• _Exercise_
Where the string "their" occurs in a line of the data below, that line should be copied.

Stored items
-- ===== src/Client/Session/Requests.antt =====
-- What a session pushes: numbered requests, and at its end a logout.
use inf.Base.{
  All, All-append, Bool, List, Returns, Returns-bind, Returns-if, Returns-mono, [], ap, arith,
  eq_str, eq_ℕ, false, inl, inr, length, none, ok, refl, some, sym, true, ℕ, ◌++◌, ◌<◌, ◌||◌, ◌∙◌,
  ◌∷◌, ◌≡◌, ◌≤◌, ◌⊎◌,
}
use inf.Client.Commands.{request_lem}
use inf.Client.Input.{
  Reaction, UserInput, handle_user_input, input_follow, input_quit, input_send, no_input, request,
}
use inf.Client.Message.{
  ClientMessageData, ClientMsgType, client_follow, client_payload_size, client_send,
}
use inf.Client.Sender.{fn_client_sender, is_logout, new_sender}
use inf.Client.Sender.Order.{IsLogoutFree, concat, fn_client_sender_lem, sender, texts}
use inf.Client.Session.{
  ClientMain, Round, ServerLine, clean_up, main_loop, main_round, new_client_main, push_message,
  read_server_message, read_server_messages,
}
use inf.Server.Connections.{eq_address}
use inf.Shared.Ids.{MsgIdManager, increment}
use inf.Shared.Json.{Json}
use inf.Shared.Memory.{c_string}

-- The ids of a list of messages are those that follow `n`, in order.
abbrev pub AreNumbered : ℕ → List ClientMessageData → Type 0
AreNumbered n [] = Unit {0}
AreNumbered n (m ∷ ms) = (m.msg_id ≡ increment n) × AreNumbered (increment n) ms

abbrev pub last_id : ℕ → List ClientMessageData → ℕ
last_id n [] = n
last_id n (m ∷ ms) = last_id (increment n) ms

-- What holds of the locals of `main`.
pub record IsNumbered (c : ClientMain) : Type 0 where
  pub numbered : AreNumbered 0 c.send_queue
  pub next : c.msg_id_manager.msg_id ≡ last_id 0 c.send_queue
  pub requests : IsLogoutFree c.send_queue

numbered-append :
    (n : ℕ) (ms : List ClientMessageData) (m : ClientMessageData)
    → AreNumbered n ms
    → m.msg_id ≡ increment (last_id n ms)
    → AreNumbered n (ms ++ m ∷ [])
numbered-append n [] m h e = (e, tt)
numbered-append n (x ∷ ms) m h e = (h.0, numbered-append (increment n) ms m h.1 e)

last_id-append :
    (n : ℕ) (ms : List ClientMessageData) (m : ClientMessageData)
    → last_id n (ms ++ m ∷ []) ≡ increment (last_id n ms)
last_id-append n [] m = refl
last_id-append n (x ∷ ms) m = last_id-append (increment n) ms m

-- A command whose text fits the array that it is copied to.
abbrev pub IsCommand : UserInput → Type 0
IsCommand (input_follow d) = length (c_string d) < 20
IsCommand (input_send d) = length (c_string d) < 128
IsCommand _ = Unit {0}

-- A command pushes nothing, or one request under the next id.
record IsRequest (ids : MsgIdManager) (r : Reaction) (m : ClientMessageData) : Type 0 where
  pushed : r.0 ≡ some m
  id : m.msg_id ≡ increment ids.msg_id
  plain : is_logout m.msg_type ≡ false
  taken : r.1.msg_id ≡ increment ids.msg_id

abbrev IsReaction : MsgIdManager → Reaction → Type 0
IsReaction ids r =
    ((r.0 ≡ none) × (r.1.msg_id ≡ ids.msg_id)) ⊎ ((m : ClientMessageData) × IsRequest ids r m)

reacted-IsNumbered :
    (c : ClientMain) (t : Reaction) (finish : Bool) (lines : List ServerLine)
    → IsNumbered c
    → IsReaction c.msg_id_manager t
    → IsNumbered (record {
      msg_id_manager = t.1;
      send_queue = push_message c.send_queue t.0;
      finish_program = finish;
      lines = lines;
    })
reacted-IsNumbered c t finish lines v (inl (nothing, same)) =
    let kept : push_message c.send_queue t.0 ≡ c.send_queue =
      ap (push_message c.send_queue) nothing in
    record {
      numbered = rw kept v.numbered;
      next = rw kept (same ∙ v.next);
      requests = rw kept v.requests;
    }
reacted-IsNumbered c t finish lines v (inr (m, r)) =
    let longer : push_message c.send_queue t.0 ≡ c.send_queue ++ m ∷ [] =
      ap (push_message c.send_queue) r.pushed in
    record {
      numbered =
          rw longer (numbered-append 0 c.send_queue m v.numbered (r.id ∙ ap increment v.next));
      next = rw longer (r.taken ∙ ap increment v.next ∙ sym (last_id-append 0 c.send_queue m));
      requests = rw longer (
          All-append (λ (x : ClientMessageData). is_logout x.msg_type ≡ false) c.send_queue (m ∷ [])
            v.requests (r.plain, tt));
    }

module _ (J : Json) (uninitialised_text uninitialised : List ℕ)
    (sized_text : length uninitialised_text ≡ client_payload_size)
    (sized : length uninitialised ≡ client_payload_size) where
  -- A value whose members have the types that the client asks for.
  abbrev pub IsReadableReply : J.Value → Type 0
  IsReadableReply v = Returns (read_server_message J v) (λ r. Unit {0})

  -- What a round may bring.
  abbrev pub IsRound : Round J uninitialised_text uninitialised → Type 0
  IsRound r = IsCommand r.user_input × All IsReadableReply r.server_messages

  request-IsReaction :
      (size : ℕ) (ty : ClientMsgType) (d : List ℕ) (ids : MsgIdManager)
      → is_logout ty ≡ false
      → size ≤ client_payload_size
      → length (c_string d) < size
      → Returns (request uninitialised_text uninitialised size ty d ids) (IsReaction ids)
  request-IsReaction size ty d ids plain le fits =
      Returns-mono _ (IsReaction ids) (request uninitialised_text uninitialised size ty d ids)
        (λ r (m, e, id, same, text). inr (
          m,
          record {
            pushed = ap (λ (x : Reaction). x.0) e;
            id = id;
            plain = ap is_logout same ∙ plain;
            taken = ap (λ (x : Reaction). x.1.msg_id) e;
          },
        ))
        (request_lem uninitialised_text uninitialised_text uninitialised sized_text sized_text sized
          size ty d ids le fits)

  reaction_lem :
      (i : UserInput) (ids : MsgIdManager)
      → IsCommand i
      → Returns (handle_user_input uninitialised_text uninitialised i ids) (IsReaction ids)
  unfolding handle_user_input
  reaction_lem no_input ids h = inl (refl, refl)
  reaction_lem (input_follow d) ids h =
      request-IsReaction 20 client_follow d ids refl (omega arith) h
  reaction_lem (input_send d) ids h = request-IsReaction 128 client_send d ids refl (omega arith) h
  reaction_lem input_quit ids h = inl (refl, refl)

  messages_read :
      (vs : List J.Value) (lines : List ServerLine) (finish : Bool)
      → All IsReadableReply vs
      → Returns (read_server_messages J vs lines finish) (λ r. Unit {0})
  unfolding read_server_messages
  messages_read [] lines finish h = tt
  messages_read (v ∷ vs) lines finish h =
      Returns-bind (λ r. Unit {0}) (λ r. Unit {0}) (read_server_message J v) _ h.0
        λ r t. messages_read vs (lines ++ r.0 ∷ []) (finish || r.1) h.1

  round-IsNumbered :
      (c : ClientMain) (r : Round J uninitialised_text uninitialised)
      → IsNumbered c
      → IsRound r
      → Returns (main_round J uninitialised_text uninitialised c r) IsNumbered
  unfolding main_round
  round-IsNumbered c r v h =
      Returns-bind (IsReaction c.msg_id_manager) IsNumbered
        (handle_user_input uninitialised_text uninitialised r.user_input c.msg_id_manager) _
        (reaction_lem r.user_input c.msg_id_manager h.0)
        λ t reacted.
          Returns-bind (λ s. Unit {0}) IsNumbered
            (read_server_messages J r.server_messages c.lines (c.finish_program || t.2)) _
            (messages_read r.server_messages c.lines (c.finish_program || t.2) h.1)
            λ s read. reacted-IsNumbered c t s.1 s.0 v reacted

  main_loop-IsNumbered :
      (c : ClientMain) (rounds : List (Round J uninitialised_text uninitialised))
      → IsNumbered c
      → All IsRound rounds
      → Returns (main_loop J uninitialised_text uninitialised c rounds) IsNumbered
  unfolding main_loop
  main_loop-IsNumbered c [] v h = v
  main_loop-IsNumbered c (r ∷ rest) v h = Returns-if IsNumbered c.finish_program (ok c) _ v (
      Returns-bind IsNumbered IsNumbered (main_round J uninitialised_text uninitialised c r) _
        (round-IsNumbered c r v h.0) λ c' v'. main_loop-IsNumbered c' rest v' h.1)

  -- What the clean-up leaves to the sender: numbered messages, the logout last; and however the
  -- drains cut them, the sender writes all of them in order and leaves its loop.
  pub record IsFinished (c : ClientMain) : Type 0 where
    pub numbered_queue : AreNumbered 0 c.send_queue
    pub sent :
        (drains : List (List ClientMessageData))
        → concat drains ≡ c.send_queue
        → fn_client_sender J (new_sender J) drains ≡ (sender J (texts J c.send_queue) true, true)

  finished_lem :
      (c : ClientMain) → IsNumbered c → IsFinished (clean_up J uninitialised_text uninitialised c)
  unfolding clean_up
  finished_lem c v = record {
    numbered_queue = numbered-append 0 c.send_queue _ v.numbered (ap increment v.next);
    sent = λ drains e.
        fn_client_sender_lem J (new_sender J) drains c.send_queue _ refl v.requests refl e;
  }

  -- A session in which the texts of the commands fit their arrays and the server's values are
  -- readable does not crash, and its clean-up leaves messages with the ids 1, 2 and so on, wrapping
  -- around; the sender then writes all of them, in order, and leaves its loop, however its drains
  -- cut them. Uninitialised objects have their sizes.
  pub session_lem :
      (rounds : List (Round J uninitialised_text uninitialised))
      → All IsRound rounds
      → Returns
          (main_loop J uninitialised_text uninitialised new_client_main rounds)
          (λ c. IsFinished (clean_up J uninitialised_text uninitialised c))
  session_lem rounds h =
      Returns-mono IsNumbered (λ c. IsFinished (clean_up J uninitialised_text uninitialised c))
        (main_loop J uninitialised_text uninitialised new_client_main rounds) finished_lem
        (main_loop-IsNumbered new_client_main rounds
          (record { numbered = tt; next = refl; requests = tt }) h)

• _Answer box_
  -- A session in which the texts of the commands fit their arrays and the server's values are
  -- cut them. Uninitialised objects have their sizes.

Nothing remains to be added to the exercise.